## Your objective
Without altering anything, repeat each of the records.

────────

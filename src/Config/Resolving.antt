-- ===== src/Config/Resolving.antt =====
-- How api/gem_api/config.py finds the default project and the default zone: in the environment, in the
-- configuration of gcloud, or a constant. The environment and the runs of gcloud are inputs.
use gem_gdc_emulation_enviro.Prelude.{
  arith, Text, codes, ◌≡◌, refl, Option, none, some, Bool, true, false, not, ◌&&◌, is_empty,
  if◌then◌else◌, Bool-cases, inl, inr, text_eq,
}
use gem_gdc_emulation_enviro.Prelude.Strings.{strip}
use gem_gdc_emulation_enviro.Prelude.Strings.Stripping.{strip-strip}
use gem_gdc_emulation_enviro.Kubernetes.{ℤ, is_zero}

-- os.getenv, whether shutil.which finds gcloud, and what `gcloud config get-value` returns and prints for
-- a key, where none is an exception that the code catches.
pub record Surroundings : Type 0 where
  pub getenv : Text → Option Text
  pub has_gcloud : Bool
  pub get_value : Text → Option (ℤ × Text)

-- os.getenv(key, default)
abbrev or_default : Option Text → Text → Text
or_default none default = default
or_default (some s) default = s

-- What gcloud printed, if it is a value.
unfoldable pub configured : Option (ℤ × Text) → Option Text
configured none = none
configured (some (rc, stdout)) =
    let val = strip stdout in
    if is_zero rc && (not (is_empty val) && not (text_eq val (codes "(unset)")))
    then some val
    else none

-- The branch of gcloud, then the constant.
abbrev or_fallback : Option Text → Text → Text
or_fallback none fallback = fallback
or_fallback (some val) fallback = val

module _ (surroundings : Surroundings) where
  -- os.getenv(first, os.getenv(second, ""))
  abbrev environment_value : Text → Text → Text
  environment_value first second =
      or_default (surroundings.getenv first) (or_default (surroundings.getenv second) (codes ""))

  unfoldable pub resolve_default_project : Text
  resolve_default_project =
      let pid = strip (environment_value (codes "PROJECT_ID") (codes "GCP_PROJECT")) in
      if not (is_empty pid)
      then pid
      else if surroundings.has_gcloud
      then or_fallback (configured (surroundings.get_value (codes "project")))
          (codes "gem-default-project")
      else codes "gem-default-project"

  unfoldable pub resolve_default_zone : Text
  resolve_default_zone =
      let zone = strip (environment_value (codes "GEM_GCP_ZONE") (codes "CLOUDSDK_COMPUTE_ZONE")) in
      if not (is_empty zone)
      then zone
      else if surroundings.has_gcloud
      then or_fallback (configured (surroundings.get_value (codes "compute/zone")))
          (codes "us-central1-a")
      else codes "us-central1-a"

-- A text that is not empty and has no white space around it.
abbrev pub IsResolved : Text → Type 0
IsResolved s = (is_empty s ≡ false) × (strip s ≡ s)

-- What gcloud prints counts only if it is not empty, and is used without the white space around it.
configured-IsResolved :
    (printed : Option (ℤ × Text)) (fallback : Text)
    → IsResolved fallback
    → IsResolved (or_fallback (configured printed) fallback)
unfolding configured
configured-IsResolved none fallback h = h
configured-IsResolved (some (rc, stdout)) fallback h =
    elim (Bool-cases (
      is_zero rc
      && (not (is_empty (strip stdout)) && not (text_eq (strip stdout) (codes "(unset)"))))) [
        | inl e ↦ rw e (ground arith, strip-strip stdout)
        | inr e ↦ rw e h
      ]

choice-IsResolved :
    (s : Text) (has_gcloud : Bool) (printed : Option (ℤ × Text)) (fallback : Text)
    → IsResolved fallback
    → IsResolved (
        if not (is_empty (strip s))
        then strip s
        else if has_gcloud
        then or_fallback (configured printed) fallback
        else fallback)
choice-IsResolved s has_gcloud printed fallback h = elim (Bool-cases (is_empty (strip s))) [
  | inl e ↦ rw e (by_gcloud has_gcloud)
  | inr e ↦ rw e (e, strip-strip s)
]
  where
    by_gcloud :
        (b : Bool) → IsResolved (if b then or_fallback (configured printed) fallback else fallback)
    by_gcloud true = configured-IsResolved printed fallback h
    by_gcloud false = h

-- The default project is not empty and has no white space around it, whatever the environment and gcloud
-- give.
pub resolve_default_project-IsResolved :
    (surroundings : Surroundings) → IsResolved (resolve_default_project surroundings)
unfolding resolve_default_project strip
resolve_default_project-IsResolved s =
    choice-IsResolved (environment_value s (codes "PROJECT_ID") (codes "GCP_PROJECT")) s.has_gcloud
      (s.get_value (codes "project")) (codes "gem-default-project") (refl, refl)

-- The default zone is not empty and has no white space around it, whatever the environment and gcloud
-- give.
pub resolve_default_zone-IsResolved :
    (surroundings : Surroundings) → IsResolved (resolve_default_zone surroundings)
unfolding resolve_default_zone strip
resolve_default_zone-IsResolved s =
    choice-IsResolved (environment_value s (codes "GEM_GCP_ZONE") (codes "CLOUDSDK_COMPUTE_ZONE"))
      s.has_gcloud (s.get_value (codes "compute/zone")) (codes "us-central1-a") (refl, refl)
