-- ===== src/Prelude/Dict.antt =====
-- Python's dict with str keys: an association list in insertion order. Assigning to a key that is
-- there keeps its place.
use mathlib.Core.Path.{◌≡◌, refl}
use mathlib.Core.Option.{Option, none, some}
use mathlib.Core.List.{List, [], ◌∷◌, map}
use native.Mathlib.Omega.{arith}
use gem_gdc_emulation_enviro.Prelude.Tests.{if◌then◌else◌}
use gem_gdc_emulation_enviro.Prelude.Strings.{Text, text_eq, text_eq_iff}

abbrev pub Dict {ℓ} : Type ℓ → Type ℓ
Dict V = List (Text × V)

module _ {ℓ} {V : Type ℓ} where
  -- d.get(k)
  unfoldable pub get : Dict V → Text → Option V
  unfolding text_eq
  get [] k = none
  get ((j, v) ∷ d) k = if text_eq j k then some v else get d k

  -- d[k] = v
  unfoldable pub put : Dict V → Text → V → Dict V
  unfolding text_eq
  put [] k v = (k, v) ∷ []
  put ((j, w) ∷ d) k v = if text_eq j k then (k, v) ∷ d else (j, w) ∷ put d k v

  abbrev pub values : Dict V → List V
  values d = map (λ e. e.1) d

  pub get-put :
      (d : Dict V) (k j : Text) (v : V)
      → get (put d k v) j ≡ (if text_eq k j then some v else get d j)
  unfolding get put
  get-put [] k j v = refl
  get-put ((i, w) ∷ d) k j v =
      ground (arith, text_eq_iff i k, text_eq_iff i j, text_eq_iff k j, get-put d k j v)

────────

## Response area
filename src/Config/Resolving.antt
-- ===== src/Config/Resolving.antt =====
-- How api/gem_api/config.py finds the default project and the default zone: in the environment, in the
-- configuration of gcloud, or a constant. The environment and the runs of gcloud are inputs.
use gem_gdc_emulation_enviro.Prelude.{
  arith, Text, codes, ◌≡◌, refl, Option, none, some, Bool, true, false, not, ◌&&◌, is_empty,
  if◌then◌else◌, Bool-cases, inl, inr, text_eq,
}
use gem_gdc_emulation_enviro.Prelude.Strings.{strip}
use gem_gdc_emulation_enviro.Prelude.Strings.Stripping.{strip-strip}
use gem_gdc_emulation_enviro.Kubernetes.{ℤ, is_zero}

-- os.getenv, whether shutil.which finds gcloud, and what `gcloud config get-value` returns and prints for
-- a key, where none is an exception that the code catches.
pub record Surroundings : Type 0 where
  pub getenv : Text → Option Text
  pub has_gcloud : Bool
  pub get_value : Text → Option (ℤ × Text)

-- os.getenv(key, default)
abbrev or_default : Option Text → Text → Text
or_default none default = default
or_default (some s) default = s

-- What gcloud printed, if it is a value.
unfoldable pub configured : Option (ℤ × Text) → Option Text
configured none = none
configured (some (rc, stdout)) =
    let val = strip stdout in
    if is_zero rc && (not (is_empty val) && not (text_eq val (codes "(unset)")))
    then some val
    else none

-- The branch of gcloud, then the constant.
abbrev or_fallback : Option Text → Text → Text
or_fallback none fallback = fallback
or_fallback (some val) fallback = val

module _ (surroundings : Surroundings) where
  -- os.getenv(first, os.getenv(second, ""))
  abbrev environment_value : Text → Text → Text
  environment_value first second =
      or_default (surroundings.getenv first) (or_default (surroundings.getenv second) (codes ""))

  unfoldable pub resolve_default_project : Text
  resolve_default_project =
      let pid = strip (environment_value (codes "PROJECT_ID") (codes "GCP_PROJECT")) in
      if not (is_empty pid)
      then pid
      else if surroundings.has_gcloud
      then or_fallback (configured (surroundings.get_value (codes "project")))
          (codes "gem-default-project")
      else codes "gem-default-project"

  unfoldable pub resolve_default_zone : Text
  resolve_default_zone =
      let zone = strip (environment_value (codes "GEM_GCP_ZONE") (codes "CLOUDSDK_COMPUTE_ZONE")) in
      if not (is_empty zone)
      then zone
      else if surroundings.has_gcloud
      then or_fallback (configured (surroundings.get_value (codes "compute/zone")))
          (codes "us-central1-a")
      else codes "us-central1-a"

-- A text that is not empty and has no white space around it.
abbrev pub IsResolved : Text → Type 0
IsResolved s = (is_empty s ≡ false) × (strip s ≡ s)

-- What gcloud prints counts only if it is not empty, and is used without the white space around it.
configured-IsResolved :
    (printed : Option (ℤ × Text)) (fallback : Text)
    → IsResolved fallback
    → IsResolved (or_fallback (configured printed) fallback)
unfolding configured
configured-IsResolved none fallback h = h
configured-IsResolved (some (rc, stdout)) fallback h =
    elim (Bool-cases (
      is_zero rc
      && (not (is_empty (strip stdout)) && not (text_eq (strip stdout) (codes "(unset)"))))) [
        | inl e ↦ rw e (ground arith, strip-strip stdout)
        | inr e ↦ rw e h
      ]

choice-IsResolved :
    (s : Text) (has_gcloud : Bool) (printed : Option (ℤ × Text)) (fallback : Text)
    → IsResolved fallback
    → IsResolved (
        if not (is_empty (strip s))
        then strip s
        else if has_gcloud
        then or_fallback (configured printed) fallback
        else fallback)
choice-IsResolved s has_gcloud printed fallback h = elim (Bool-cases (is_empty (strip s))) [
  | inl e ↦ rw e (by_gcloud has_gcloud)
  | inr e ↦ rw e (e, strip-strip s)
]
  where
    by_gcloud :
        (b : Bool) → IsResolved (if b then or_fallback (configured printed) fallback else fallback)
    by_gcloud true = configured-IsResolved printed fallback h
    by_gcloud false = h

-- The default project is not empty and has no white space around it, whatever the environment and gcloud
-- give.
pub resolve_default_project-IsResolved :
    (surroundings : Surroundings) → IsResolved (resolve_default_project surroundings)
unfolding resolve_default_project strip
resolve_default_project-IsResolved s =
    choice-IsResolved (environment_value s (codes "PROJECT_ID") (codes "GCP_PROJECT")) s.has_gcloud
      (s.get_value (codes "project")) (codes "gem-default-project") (refl, refl)

-- The default zone is not empty and has no white space around it, whatever the environment and gcloud
-- give.
pub resolve_default_zone-IsResolved :
    (surroundings : Surroundings) → IsResolved (resolve_default_zone surroundings)
unfolding resolve_default_zone strip
resolve_default_zone-IsResolved s =
    choice-IsResolved (environment_value s (codes "GEM_GCP_ZONE") (codes "CLOUDSDK_COMPUTE_ZONE"))
      s.has_gcloud (s.get_value (codes "compute/zone")) (codes "us-central1-a") (refl, refl)
-- ===== src/Prelude/Dict.antt =====
-- Python's dict with str keys: an association list in insertion order. Assigning to a key that is
-- there keeps its place.
use mathlib.Core.Path.{◌≡◌, refl}
use mathlib.Core.Option.{Option, none, some}
use mathlib.Core.List.{List, [], ◌∷◌, map}
use native.Mathlib.Omega.{arith}
use gem_gdc_emulation_enviro.Prelude.Tests.{if◌then◌else◌}
use gem_gdc_emulation_enviro.Prelude.Strings.{Text, text_eq, text_eq_iff}

abbrev pub Dict {ℓ} : Type ℓ → Type ℓ
Dict V = List (Text × V)

module _ {ℓ} {V : Type ℓ} where
  -- d.get(k)
  unfoldable pub get : Dict V → Text → Option V
  unfolding text_eq
  get [] k = none
  get ((j, v) ∷ d) k = if text_eq j k then some v else get d k

  -- d[k] = v
  unfoldable pub put : Dict V → Text → V → Dict V
  unfolding text_eq
  put [] k v = (k, v) ∷ []
  put ((j, w) ∷ d) k v = if text_eq j k then (k, v) ∷ d else (j, w) ∷ put d k v

  abbrev pub values : Dict V → List V
  values d = map (λ e. e.1) d

  pub get-put :
      (d : Dict V) (k j : Text) (v : V)
      → get (put d k v) j ≡ (if text_eq k j then some v else get d j)
  unfolding get put
  get-put [] k j v = refl
  get-put ((i, w) ∷ d) k j v =
      ground (arith, text_eq_iff i k, text_eq_iff i j, text_eq_iff k j, get-put d k j v)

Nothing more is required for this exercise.